I have isolated which patch is causing the dpt2 test failures.
The O_SYNC-speedup-nolock-fix.patch appears to be causing the
problem.

2.6.0-test5 passes the dbt2-tier1 STP test.
2.6.0-test5 + O_SYNC-speedup-2.patch (plm #2134) passes.
2.6.0-test5 + O_SYNC-speedup-2.patch + O_SYNC-speedup-nolock-fix.patch
(plm #2135) FAILS.

Dave Olien and I have added some debug output to try and catch writes()
that are returning 0, but the debug output does not seem to match the
errors we are getting from the dbt2 test runs.
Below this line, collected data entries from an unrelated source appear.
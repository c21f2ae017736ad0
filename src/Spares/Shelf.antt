-- ===== src/Spares/Shelf.antt =====
-- spare_part_movement_service.py: the operations of the ledger as requests, and the description of each
-- by the stocks and the caches that it moves.
use text.Mathlib.Text.{◌==◌ as str_eq}
use daily_figures.Common.{
  ℕ, ◌≡◌, refl, ◌∙◌, ap, inl, inr, Bool, true, false, not, Option, none, some, List, String, ℤ, pos,
  negsuc, arith, is_negative, ◌+ℤ◌, abs, ◌==◌, ==_iff, find_first-Member, if◌then◌else◌, find_first,
  Result, ok, raise, raise_if_ok, bind_ok, Bool-cases, Option-cases,
}
use daily_figures.Records.{User}
use daily_figures.Spares.{
  SparePart, MovementType, is_increasing, stock_in, stock_out, adjustment_in, adjustment_out,
  Fields, Movement, Ledger, current_stock,
}
use daily_figures.Spares.Amounts.{Decimal, Engine, difference, magnitude}
use daily_figures.Spares.Record.{
  MovementError, requester_required, inactive_part, count_reason_required, Direction, inward,
  outward, check_machine, is_blank, record_stock_in, record_stock_out, record_adjustment,
  record_opening_balance, record_stock_count, void_movement, validate_quantity_for_unit, text_of,
  correct_stock, create_movement, count_type, count_fields, zero_quantity,
}
use daily_figures.Spares.Balance.{has_id}
use daily_figures.Spares.Effect.{
  delta, Move, Posted, posting, given_back, new_row-stock, validate_quantity_for_unit-ok,
  create_movement-Posted, void_movement-Posted,
}

-- A request, with what the caller chose.
pub data Request (S : Type 0) : Type 0 where
  receive :
      SparePart S
      → Option Decimal
      → User
      → (business_date : ℕ) → Option ℕ
      → Option String
      → Option String
      → Request S
  issue :
      SparePart S
      → Option Decimal
      → User
      → (business_date : ℕ) → Option String
      → Option String
      → Option String
      → Option ℕ
      → Option ℕ
      → Request S
  adjust :
      SparePart S
      → Option Decimal
      → Direction
      → User
      → (business_date : ℕ) → Option String
      → Option String
      → Request S
  open_balance :
      SparePart S → Option Decimal → User → (business_date : ℕ) → Option String → Request S
  count :
      SparePart S
      → Option Decimal
      → User
      → (business_date : ℕ) → Option String
      → Option String
      → Request S
  cancel : (now : ℕ) → (id : ℕ) → User → Option String → Request S

-- `db.session.get(SparePartMovement, id)`; the routes answer a missing one themselves.
abbrev pub void_by_id :
    {S : Type 0}
    → Engine S
    → ℕ
    → User
    → Option String
    → Ledger S
    → Option Movement
    → Result MovementError (Ledger S)
void_by_id engine now user reason db none = ok db
void_by_id engine now user reason db (some m) = void_movement engine now m user reason db

unfoldable pub handle :
    {S : Type 0}
    → Engine S
    → (strip : String → String) → Request S
    → Ledger S
    → Result MovementError (Ledger S)
handle engine strip (receive part q user date supplier reference remarks) db =
    record_stock_in engine part q user date supplier reference remarks db
handle engine strip (issue part q user date requested approved remarks department machine) db =
    record_stock_out engine part q user date requested approved remarks department machine db
handle engine strip (adjust part q direction user date reason remarks) db =
    record_adjustment engine part q direction user date reason remarks db
handle engine strip (open_balance part q user date remarks) db =
    record_opening_balance engine part q user date remarks db
handle engine strip (count part q user date reason remarks) db =
    record_stock_count engine strip part q user date reason remarks db
handle engine strip (cancel now id user reason) db =
    void_by_id engine now user reason db (find_first (has_id id) db.movements)

-- What a request moves, by its quantity alone; a count by what it finds beside the stock, and a void by
-- the row that it names. A count that finds what the ledger holds leaves the cache alone.
abbrev pub with_quantity : Option Decimal → (Decimal → Option Move) → Option Move
with_quantity none f = none
with_quantity (some q) f = f q

abbrev pub moved : {S : Type 0} → Engine S → Bool → ℕ → Decimal → Option Move
moved engine is_up id q = some (posting is_up id q (engine.read_back q))

abbrev pub counted_move : {S : Type 0} → Engine S → ℕ → (off : Decimal) → Move
counted_move engine id off =
    if abs off.units == 0
    then record { is_up = true; id = id; amount = none; units = engine.read_back zero_quantity }
    else posting (not (is_negative off.units)) id (magnitude off) (engine.read_back (magnitude off))

abbrev pub undo : Option Movement → Option Move
undo none = none
undo (some m) = some (given_back m)

unfoldable pub effect_of : {S : Type 0} → Engine S → Request S → List Movement → Option Move
effect_of engine (receive part q _ _ _ _ _) ms = with_quantity q (moved engine true part.id)
effect_of engine (issue part q _ _ _ _ _ _ _) ms = with_quantity q (moved engine false part.id)
effect_of engine (adjust part q inward _ _ _ _) ms = with_quantity q (moved engine true part.id)
effect_of engine (adjust part q outward _ _ _ _) ms = with_quantity q (moved engine false part.id)
effect_of engine (open_balance part q _ _ _) ms = with_quantity q (moved engine true part.id)
effect_of engine (count part q _ _ _ _) ms =
    with_quantity q
      (λ n. some (counted_move engine part.id (difference n (current_stock part.id ms))))
effect_of engine (cancel _ id _ _) ms = undo (find_first (has_id id) ms)

-- Nothing moves, or what the move says.
abbrev pub Follows : {S : Type 0} → Engine S → Option Move → (db db' : Ledger S) → Type 0
Follows engine none db db' = db ≡ db'
Follows engine (some move) db db' = Posted engine move db db'

module _ {S : Type 0} (engine : Engine S) where
  create_movement-Follows :
      (part : SparePart S) (type : MovementType) (quantity : Option Decimal) (user : User)
      (date : ℕ) (fields : Fields) (db db' : Ledger S)
      → create_movement engine part type quantity user date fields db ≡ ok db'
      → Follows engine (with_quantity quantity (moved engine (is_increasing type) part.id)) db db'
  create_movement-Follows part type quantity user date fields db db' e =
      let (q, given, p) =
        create_movement-Posted engine part type quantity user date fields db db' e in
      rw given p

  record_stock_out-ok :
      (part : SparePart S) (q : Option Decimal) (user : User) (date : ℕ)
      (requested approved remarks : Option String) (department machine : Option ℕ)
      (db db' : Ledger S)
      → record_stock_out engine part q user date requested approved remarks department machine db
        ≡ ok db'
      → (fields : Fields) × (create_movement engine part stock_out q user date fields db ≡ ok db')
  unfolding record_stock_out
  record_stock_out-ok part q user date requested approved remarks department machine db db' e =
      let (_, e1) = raise_if_ok (is_blank requested) requester_required _ e in
      let (_, _, e2) = bind_ok (check_machine machine department db) _ e1 in (_, e2)

  record_stock_count-ok :
      (strip : String → String) (part : SparePart S) (q : Option Decimal) (user : User) (date : ℕ)
      (reason remarks : Option String) (db db' : Ledger S)
      → record_stock_count engine strip part q user date reason remarks db ≡ ok db'
      → (counted : Decimal) × (q ≡ some counted)
        × (correct_stock engine part counted
              (current_stock part.id db.movements)
              user
              date
              (strip (text_of reason))
              remarks
              db
            ≡ ok db')
  unfolding record_stock_count
  record_stock_count-ok strip part q user date reason remarks db db' e =
      let (counted, valid, e1) = bind_ok (validate_quantity_for_unit q part.unit true) _ e in
      let (_, e2) = raise_if_ok (not part.active) inactive_part _ e1 in
      let (_, e3) = raise_if_ok (str_eq (strip (text_of reason)) "") count_reason_required _ e2 in
      (counted, validate_quantity_for_unit-ok q part.unit true counted valid, e3)

  abbrev value : Ledger S → Result MovementError (Ledger S) → Ledger S
  value d (ok db) = db
  value d (raise e) = d

  by_sign : (d : ℤ) → is_increasing (count_type d) ≡ not (is_negative d)
  by_sign d = elim (Bool-cases (is_negative d)) [ inl down ↦ rw down refl | inr up ↦ rw up refl ]

  zero_counted : (d : ℤ) → (abs d == 0) ≡ true → count_type d ≡ adjustment_in
  zero_counted (pos n) h = refl
  zero_counted (negsuc n) h = absurd (ground arith)

  pub correct_stock-Posted :
      (part : SparePart S) (counted : Decimal) (before : ℤ) (user : User) (date : ℕ)
      (reason : String) (remarks : Option String) (db db' : Ledger S)
      → correct_stock engine part counted before user date reason remarks db ≡ ok db'
      → Posted engine (counted_move engine part.id (difference counted before)) db db'
  unfolding correct_stock
  correct_stock-Posted part counted before user date reason remarks db db' e =
      let off = difference counted before in
      let fields = count_fields reason remarks before (engine.read_back counted) in
      elim (Bool-cases (abs off.units == 0)) [
        | inl even ↦ rw even (
            rw (← ap (value db) (rw even at e)) record {
              caches = λ i. refl;
              gate = λ q h. absurd (cc);
              stock = λ i.
                  new_row-stock engine part (count_type off.units) (engine.read_back zero_quantity)
                    user date fields db i
                  ∙ ap
                      (λ (type : MovementType).
                        current_stock i db.movements
                        +ℤ (if i == part.id
                            then delta (is_increasing type) (engine.read_back zero_quantity)
                            else pos 0))
                      (zero_counted off.units even);
            })
        | inr uneven ↦
            let (q, given, p) =
              create_movement-Posted engine part (count_type off.units) (some (magnitude off)) user
                date fields db db' (rw uneven at e) in
            rw uneven (
              let same : magnitude off ≡ q = ap (amount_or q) given in
              rw (by_sign off.units) at (rw (← same) at p))
      ]
    where
      amount_or : Decimal → Option Decimal → Decimal
      amount_or d none = d
      amount_or d (some x) = x

  -- A request that the ledger accepts moves the stock of its part by what the column holds of its
  -- quantity, and the part's cache by the engine's sum or difference, and no other stock or cache. An
  -- amount is taken only if the engine finds that much in the cache, a count moves both by what it finds
  -- beside the ledger's stock, none of the caches if that is zero, and a void undoes the row it names.
  pub handle-Follows :
      (strip : String → String) (request : Request S) (db db' : Ledger S)
      → handle engine strip request db ≡ ok db'
      → Follows engine (effect_of engine request db.movements) db db'
  unfolding handle effect_of record_stock_in record_adjustment record_opening_balance
  handle-Follows strip (receive part q user date supplier reference remarks) db db' e =
      create_movement-Follows part stock_in q user date _ db db' e
  handle-Follows strip (issue part q user date requested approved remarks department machine) db db'
        e =
      let (fields, done) =
        record_stock_out-ok part q user date requested approved remarks department machine db db'
          e in
      create_movement-Follows part stock_out q user date fields db db' done
  handle-Follows strip (adjust part q inward user date reason remarks) db db' e =
      create_movement-Follows part adjustment_in q user date _ db db' e
  handle-Follows strip (adjust part q outward user date reason remarks) db db' e =
      create_movement-Follows part adjustment_out q user date _ db db' e
  handle-Follows strip (open_balance part q user date remarks) db db' e =
      create_movement-Follows part adjustment_in q user date _ db db' e
  handle-Follows strip (count part q user date reason remarks) db db' e =
      let (counted, given, done) =
        record_stock_count-ok strip part q user date reason remarks db db' e in
      rw given (
        correct_stock-Posted part counted (current_stock part.id db.movements) user date
          (strip (text_of reason)) remarks db db' done)
  handle-Follows strip (cancel now id user reason) db db' e =
      elim (Option-cases (find_first (has_id id) db.movements)) [
        | inl missing ↦ rw missing (ap (value db) (rw missing at e))
        | inr (m, found) ↦
            let own = (==_iff m.id id).0 (find_first-Member (has_id id) db.movements m found).1 in
            rw found (
              void_movement-Posted engine now m user reason db db'
                (ap (λ (k : ℕ). find_first (has_id k) db.movements) own ∙ found) (rw found at e))
      ]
We get kernel debug
output on zero byte writes on regular files not on raw files which the
dbt2 test uses.

Any ideas on why/how this patch could be causing problems?

Thanks,

Daniel



On Wed, 2003-09-03 at 10:07, Dave Olien wrote:
> Andrew,
>
> I'm just mailing you this to keep you informed, Daniel McNeil and
> I are investigating a failure of the dbt database workload test on
> 2.6.0-test4-mm4.
>
> The failure MAY have begun as early as 2.6.0-test4. We were able
> to test on test4 only after I generated a patch to raw_open() for that
> kernel version. The database test4 failure LOOKS the same as the
> test4-mm4 failure. But we haven't investigated it as closely there yet.
> We know test3 worked OK. We may try some of the test3-mm patches to
> see if something happened on one of those patches.
>
> In the test4-mm4 case, the kernel doesn't oops or hang. Instead, the
> database software detects a failure of some sort. We've done an
> strace on the database processes, and in one of them we see the following
> output:
>
> _llseek(38, 8192, [8192], SEEK_SET) = 0
> write(38, "\0\0\0\0\4\3\1\0\7\0\0\0\0\0\0\0\0\0\0\0\0\0\0\0\0\0\0"..., 8192) = 0
>
> A seek on file descriptor 38 to offset 8192, followed by a write of 8k.
> The write returns with 0 bytes written.
>
> Immediately after this, we can see this process writing to the error
> log a message indicating an error has been detected.
>
> File descriptor 38 is for the file /dev/raw/raw1. This is the
> transaction log file for the database. This is early in itialization
> of the database, so it's initializing the transaction log file.